Очки мистера Блюмкера проехали почти весь путь вниз по носу. Он пихнул их обратно, они моментально соскользнули вновь.
– Всё, что я могу сделать на данном этапе, – передать вам информацию и еще просьбы, доведенные до моего сведения весьма ранним утром мистером Шмоуном. – Блюмкер поддернул одну, другую манжету. – В настоящее время полицию никто ни о чем не извещает. Владельцы придерживаются мнения – по причинам, которые, надо абсолютно откровенно признать, остаются для меня туманными, – что это внутреннее дело дома призрения общего характера, что оно поддается сравнительно скорому улаживанию и что прибегать к посторонней помощи нет нужды. Конечно, если все обстоит именно так, а не иначе, накапливающиеся преимущества в форме минимизации неудобств и препятствий функционированию заведения очевидны. Вас настоятельно просят никого не информировать о подробностях данного инцидента, пока вы не переговорите с отцом. Вас также настоятельно просят связаться с отцом, как только вам позволят личные обстоятельства.
– Обычно до папы трудновато достучаться.
– И тем не менее.
Линор снова глянула в открытый ящик стола.
– Как-то я перестала что-либо понимать. А что родственники персонала, который… в настоящий момент недоступен? Не сочтут ли семьи, что недоступность их близких слегка необычна? Вы не думаете, что они склонятся к мысли позвонить в полицию? Я их не виню. Я и сама хочу позвонить в полицию.
Очки мистера Блюмкера неожиданно свалились с носа, он поймал их, просто чудом, и протер переносицу пальцами.
– Пока что неясно, оттого ли семьи недоступного персонала сами недоступны, что заняты выполнением своих обычных обязательств за пределами Дома, или же потому, что и они сделались недоступны схожим с персоналом образом, однако не констатировать этот по-своему уместный, но, разумеется, весьма настораживающий факт…

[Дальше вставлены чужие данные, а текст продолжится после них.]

-- ===== src/Tests/KeyRuns.antt =====
-- Keys of a small cryptography, in which a private key is a number and its address is the same number.
use peggo.Base.{
  ℕ, ◌≡◌, ◌∙◌, ap, ◌⊎◌, refl, inl, inr, arith, true, false, Bytes, codes, none, some, [], ◌∷◌, ◌++◌,
  length, ◌≤◌, bytes_eq, starts_with,
}
use peggo.Effect.{raised, Result, ok, M, pure, raise}
use peggo.Effect.Keeps.{pure_ok}
use peggo.Types.{Address}
use peggo.Keys.Crypto.{CryptoLib}
use peggo.Keys.PassReader.{reads}
use peggo.Keys.PassReader.Stream.{lines, reads-lines, reads-progress}
use peggo.Keys.KeyCache.{
  KeyCache, hash_account_pass, load_key, private_key, file_path, personal_sign_fn,
  private_key_personal_sign_fn,
}
use peggo.Keys.KeyCache.Loads.{personal_sign_fn-signs}
use peggo.Keys.KeyStore.{
  Files, KeyStore, for_each_wallet, visit_all, visit_file, with_spec, check_address, note_path,
}
use peggo.Keys.KeyStore.Wallets.{Noted, for_each_wallet-Noted}
use peggo.Keys.EthAccount.{
  Device, KeyOptions, EthAccount, init_ethereum_accounts_manager, use_private_key, is_refused,
  key_account, no_account,
}
use peggo.Keys.EthAccount.Asked.{init-asked}
use peggo.Keys.EthAccount.Answered.{Answered, init-Answered}
use peggo.Keys.Keyring.{
  KeyringConfig, KeyringLib, KeyRecord, local, new_keyring, new_keyring_from_dir, from_record,
  absolute_dir,
}
use peggo.Keys.Keyring.Address.{FindsByAddress, new_keyring-address}

reads-lines_example :
    (k : ℕ) × ((reads (codes "pw") (2 ∷ 4 ∷ 1 ∷ []) []).0
        ++ (reads (codes "pw") (2 ∷ 4 ∷ 1 ∷ []) []).1
      ≡ [] ++ lines k (codes "pw"))
reads-lines_example = reads-lines (codes "pw") (2 ∷ 4 ∷ 1 ∷ []) []

reads-progress_example : 3 ≤ length (reads (codes "pw") (2 ∷ 4 ∷ 1 ∷ []) []).0
reads-progress_example =
    reads-progress (codes "pw") (2 ∷ 4 ∷ 1 ∷ []) [] (omega arith, (omega arith, (omega arith, tt)))

abbrev first : Bytes → ℕ
first [] = 0
first (b ∷ bs) = b

abbrev pub crypto : CryptoLib
crypto = record {
  PrivateKey = ℕ;
  Tx = ℕ;
  sha1 = λ b. b;
  address_bytes = λ a. a ∷ [];
  decrypt_key = λ json password. ok (first json);
  pubkey_to_address = λ k. k;
  text_hash = length;
  sign = λ h k. ok (h ∷ k ∷ []);
  hex_to_ecdsa = λ b. ok (first b);
  new_keyed_transactor_with_chain_id = λ k id. ok (λ a tx. ok tx);
}

-- Each file holds the byte 5.
abbrev read_file : Bytes → M (Unit {0}) Bytes
read_file path = pure (5 ∷ [])

abbrev cache : KeyCache crypto
cache = record { paths = (5, codes "keystore://k") ∷ []; keys = [] }

personal_sign_fn-signs_example :
    ◌≡◌ {A = Address} 5 5
    × (key : ℕ) × (key ≡ 5)
    × (crypto.sign (crypto.text_hash (1 ∷ 2 ∷ [])) key ≡ ok (2 ∷ 5 ∷ []))
unfolding personal_sign_fn private_key_personal_sign_fn private_key load_key hash_account_pass
    bytes_eq file_path starts_with
personal_sign_fn-signs_example =
    personal_sign_fn-signs crypto read_file 5 5 (codes "pw") (1 ∷ 2 ∷ []) (2 ∷ 5 ∷ [])
      (private_key_personal_sign_fn crypto 5) (tt, cache) _ refl refl

-- A directory with one wallet in it, of the account 5.
abbrev pub files : Files (Unit {0})
files = record {
  visits = λ root s. (
    record { path = root; is_dir = true; failure = none }
        ∷ record { path = codes "dir/a"; is_dir = false; failure = none }
        ∷ [],
    s,
  );
  read_file = read_file;
  stat_is_dir = λ path. pure true;
  unmarshal = λ b. ok (some (record { address = b; path = [] }));
  is_hex_address = λ b. true;
  hex_to_address = first;
}

abbrev store : KeyStore crypto
store = record { cache = record { paths = []; keys = [] }; paths = codes "dir" ∷ [] }

abbrev scanned : Unit {0} × KeyStore crypto
scanned = (for_each_wallet files (codes "dir") (note_path files crypto) (tt, store)).1

for_each_wallet-Noted_example :
    Noted files crypto (codes "dir") (files.visits (codes "dir") tt).0 tt scanned
unfolding for_each_wallet visit_all visit_file with_spec check_address bytes_eq
for_each_wallet-Noted_example =
    for_each_wallet-Noted files crypto (codes "dir") tt store scanned refl

abbrev pub device : Device (Unit {0}) crypto
device = record { new_ledger_hub = raise (raised "no device"); read_password = pure (codes "pw ") }

-- The private key 5, and the address that is asked for.
abbrev pub options : Bytes → KeyOptions
options from = record {
  eth_chain_id = 1;
  eth_keystore_dir = [];
  eth_key_from = some from;
  eth_passphrase = [];
  eth_priv_key = 5 ∷ [];
  eth_use_ledger = false;
}

abbrev given : Result (EthAccount (Unit {0}) crypto)
given = (init_ethereum_accounts_manager files device (options (5 ∷ [])) tt).0

abbrev address_of : Result (EthAccount (Unit {0}) crypto) → EthAccount (Unit {0}) crypto
address_of (ok r) = r
address_of _ = no_account

init-asked_example :
    ((address_of given).signer_fn ≡ none) ⊎ ((address_of given).eth_key_from_address ≡ 5)
unfolding init_ethereum_accounts_manager use_private_key is_refused key_account
init-asked_example =
    init-asked files device (options (5 ∷ [])) 5 [] tt tt (address_of given) refl refl

-- The address asked for is not that of the key: no error, and no account.
init-Answered_example :
    Answered files device
      (options (6 ∷ []))
      6
      tt
      (init_ethereum_accounts_manager files device (options (6 ∷ [])) tt)
init-Answered_example =
    init-Answered files device (options (6 ∷ [])) 6 [] tt refl (inr (inl (refl, 5, refl, refl)))

abbrev pub keyrings : KeyringLib (Unit {0})
keyrings = record {
  SdkKeyring = Unit {0};
  decode_hex = λ b. ok b;
  address_of = λ key. key;
  acc_address_from_bech32 = λ b. ok b;
  new_in_memory = λ name key. pure tt;
  abs_path = λ p. pure p;
  is_abs = λ p. true;
  new_keyring = λ a b d r. pure tt;
  key = λ kr name. raise (raised "not found");
  key_by_address = λ kr a. pure (record { key_type = local; get_address = ok a });
}

keyrings-FindsByAddress : FindsByAddress keyrings
keyrings-FindsByAddress kr a b s t r h got =
    let found : KeyRecord = record { key_type = local; get_address = ok a } in
    let same : ◌≡◌ {A = Result Bytes} (ok a) (ok b) =
      ap (λ (x : KeyRecord). x.get_address) (pure_ok found r s t h).0 ∙ got in
    ground arith

abbrev pub keyring_config : KeyringConfig
keyring_config = record {
  keyring_dir = codes "/keys";
  keyring_app_name = codes "peggo";
  keyring_backend = codes "file";
  key_from = 7 ∷ 8 ∷ [];
  key_passphrase = codes "pw";
  private_key = [];
  use_ledger = false;
}

new_keyring-address_example : ◌≡◌ {A = Bytes} (7 ∷ 8 ∷ []) (7 ∷ 8 ∷ [])
unfolding new_keyring new_keyring_from_dir absolute_dir from_record
new_keyring-address_example =
    new_keyring-address keyrings keyrings-FindsByAddress keyring_config 7 (8 ∷ []) (7 ∷ 8 ∷ []) tt
      tt (record { sdk_keyring = tt; addr = 7 ∷ 8 ∷ [] }) refl refl refl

– Что-что-что? – оторвалась Линор от Бабулиного выдвижного ящика.
– Семей тоже не найти.
– Божечки.
– Что вы делаете? – спросил Блюмкер. Линор глядела на чернильный рисунок на обороте этикетки «Камношифеко», лежавшей поверх записных книжек в ящике стола. На рисунке был человечек, кажется, в рабочем халате. В одной руке бритва, в другой – банка с кремом для бритья. Линор разглядела на банке слово «Ноксима» [23]. Голова человечка взрывалась чернильными загогулинами.